## About this task
For each line below that contains the string "absurd", copy that line.

## Records from a data source

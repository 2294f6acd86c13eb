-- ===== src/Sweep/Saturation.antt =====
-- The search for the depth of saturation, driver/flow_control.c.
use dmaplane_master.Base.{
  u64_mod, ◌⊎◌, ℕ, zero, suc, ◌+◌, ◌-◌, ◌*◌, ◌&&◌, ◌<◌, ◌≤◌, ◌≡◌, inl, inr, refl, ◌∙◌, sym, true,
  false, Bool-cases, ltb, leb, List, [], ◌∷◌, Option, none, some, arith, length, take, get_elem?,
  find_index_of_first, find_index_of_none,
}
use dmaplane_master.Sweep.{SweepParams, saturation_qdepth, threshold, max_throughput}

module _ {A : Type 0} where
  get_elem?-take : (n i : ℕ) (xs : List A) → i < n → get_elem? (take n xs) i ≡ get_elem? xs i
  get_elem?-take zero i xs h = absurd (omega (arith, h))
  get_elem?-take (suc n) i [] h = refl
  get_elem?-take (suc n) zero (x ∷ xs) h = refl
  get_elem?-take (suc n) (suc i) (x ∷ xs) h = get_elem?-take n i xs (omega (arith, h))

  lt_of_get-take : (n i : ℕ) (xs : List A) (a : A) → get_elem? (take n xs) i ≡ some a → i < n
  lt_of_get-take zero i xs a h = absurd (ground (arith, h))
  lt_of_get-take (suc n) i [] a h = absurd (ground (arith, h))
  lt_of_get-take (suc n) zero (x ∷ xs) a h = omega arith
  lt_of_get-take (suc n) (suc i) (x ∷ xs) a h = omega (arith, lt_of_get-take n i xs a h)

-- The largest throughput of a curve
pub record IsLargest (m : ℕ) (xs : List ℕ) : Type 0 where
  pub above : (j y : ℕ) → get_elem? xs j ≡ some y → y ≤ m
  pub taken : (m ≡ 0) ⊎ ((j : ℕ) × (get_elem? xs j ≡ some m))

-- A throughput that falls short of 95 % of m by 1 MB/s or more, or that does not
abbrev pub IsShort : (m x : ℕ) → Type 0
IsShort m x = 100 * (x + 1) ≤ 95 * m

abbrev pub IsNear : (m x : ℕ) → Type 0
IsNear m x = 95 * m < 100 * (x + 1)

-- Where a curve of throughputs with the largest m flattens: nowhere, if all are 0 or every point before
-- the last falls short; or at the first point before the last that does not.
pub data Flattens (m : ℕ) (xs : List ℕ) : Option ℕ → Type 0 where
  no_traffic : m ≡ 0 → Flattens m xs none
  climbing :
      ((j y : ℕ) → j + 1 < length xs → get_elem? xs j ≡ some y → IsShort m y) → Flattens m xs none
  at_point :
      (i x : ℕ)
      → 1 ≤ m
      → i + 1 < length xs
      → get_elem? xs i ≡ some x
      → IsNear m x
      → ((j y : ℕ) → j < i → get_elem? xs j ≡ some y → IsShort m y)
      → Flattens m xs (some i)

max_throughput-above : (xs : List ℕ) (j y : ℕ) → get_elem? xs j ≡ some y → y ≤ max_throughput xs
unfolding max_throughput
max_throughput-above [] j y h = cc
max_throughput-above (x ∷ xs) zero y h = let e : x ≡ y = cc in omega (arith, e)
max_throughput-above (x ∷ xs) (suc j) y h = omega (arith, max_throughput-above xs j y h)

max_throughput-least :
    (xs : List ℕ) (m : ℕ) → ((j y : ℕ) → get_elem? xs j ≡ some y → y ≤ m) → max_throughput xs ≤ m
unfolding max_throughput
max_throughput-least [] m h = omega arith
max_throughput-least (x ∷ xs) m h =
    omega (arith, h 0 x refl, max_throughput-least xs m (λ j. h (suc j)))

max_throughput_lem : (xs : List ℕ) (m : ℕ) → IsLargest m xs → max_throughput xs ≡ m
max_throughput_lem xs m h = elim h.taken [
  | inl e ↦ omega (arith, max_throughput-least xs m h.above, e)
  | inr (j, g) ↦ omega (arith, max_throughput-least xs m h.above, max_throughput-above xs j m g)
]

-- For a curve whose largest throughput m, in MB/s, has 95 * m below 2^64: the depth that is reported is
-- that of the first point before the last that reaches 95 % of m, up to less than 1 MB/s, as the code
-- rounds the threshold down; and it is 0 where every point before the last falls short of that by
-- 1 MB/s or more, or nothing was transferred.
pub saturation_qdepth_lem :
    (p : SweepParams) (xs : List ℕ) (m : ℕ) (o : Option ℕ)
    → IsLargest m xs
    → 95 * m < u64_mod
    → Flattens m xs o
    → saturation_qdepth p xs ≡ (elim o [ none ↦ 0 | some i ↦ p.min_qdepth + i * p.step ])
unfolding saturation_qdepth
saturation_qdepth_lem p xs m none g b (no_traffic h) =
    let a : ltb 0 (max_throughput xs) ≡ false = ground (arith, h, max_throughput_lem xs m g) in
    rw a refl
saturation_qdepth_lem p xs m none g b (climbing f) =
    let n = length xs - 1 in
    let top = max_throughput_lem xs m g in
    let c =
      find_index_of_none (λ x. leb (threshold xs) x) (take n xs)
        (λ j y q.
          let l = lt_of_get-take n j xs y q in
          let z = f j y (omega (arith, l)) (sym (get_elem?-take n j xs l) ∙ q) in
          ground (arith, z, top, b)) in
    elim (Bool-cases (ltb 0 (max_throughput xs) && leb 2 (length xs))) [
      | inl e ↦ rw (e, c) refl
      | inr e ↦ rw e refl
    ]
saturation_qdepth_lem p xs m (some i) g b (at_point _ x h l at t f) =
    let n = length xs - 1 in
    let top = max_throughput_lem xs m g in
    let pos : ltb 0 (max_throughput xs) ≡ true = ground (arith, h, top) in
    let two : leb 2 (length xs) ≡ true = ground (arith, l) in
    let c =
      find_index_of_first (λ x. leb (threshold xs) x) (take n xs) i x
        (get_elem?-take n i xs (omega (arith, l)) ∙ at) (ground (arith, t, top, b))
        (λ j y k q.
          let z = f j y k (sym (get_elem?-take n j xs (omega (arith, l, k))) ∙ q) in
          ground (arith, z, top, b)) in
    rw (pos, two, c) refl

## Reply
  get_elem?-take zero i xs h = absurd (omega (arith, h))
  lt_of_get-take zero i xs a h = absurd (ground (arith, h))
  lt_of_get-take (suc n) i [] a h = absurd (ground (arith, h))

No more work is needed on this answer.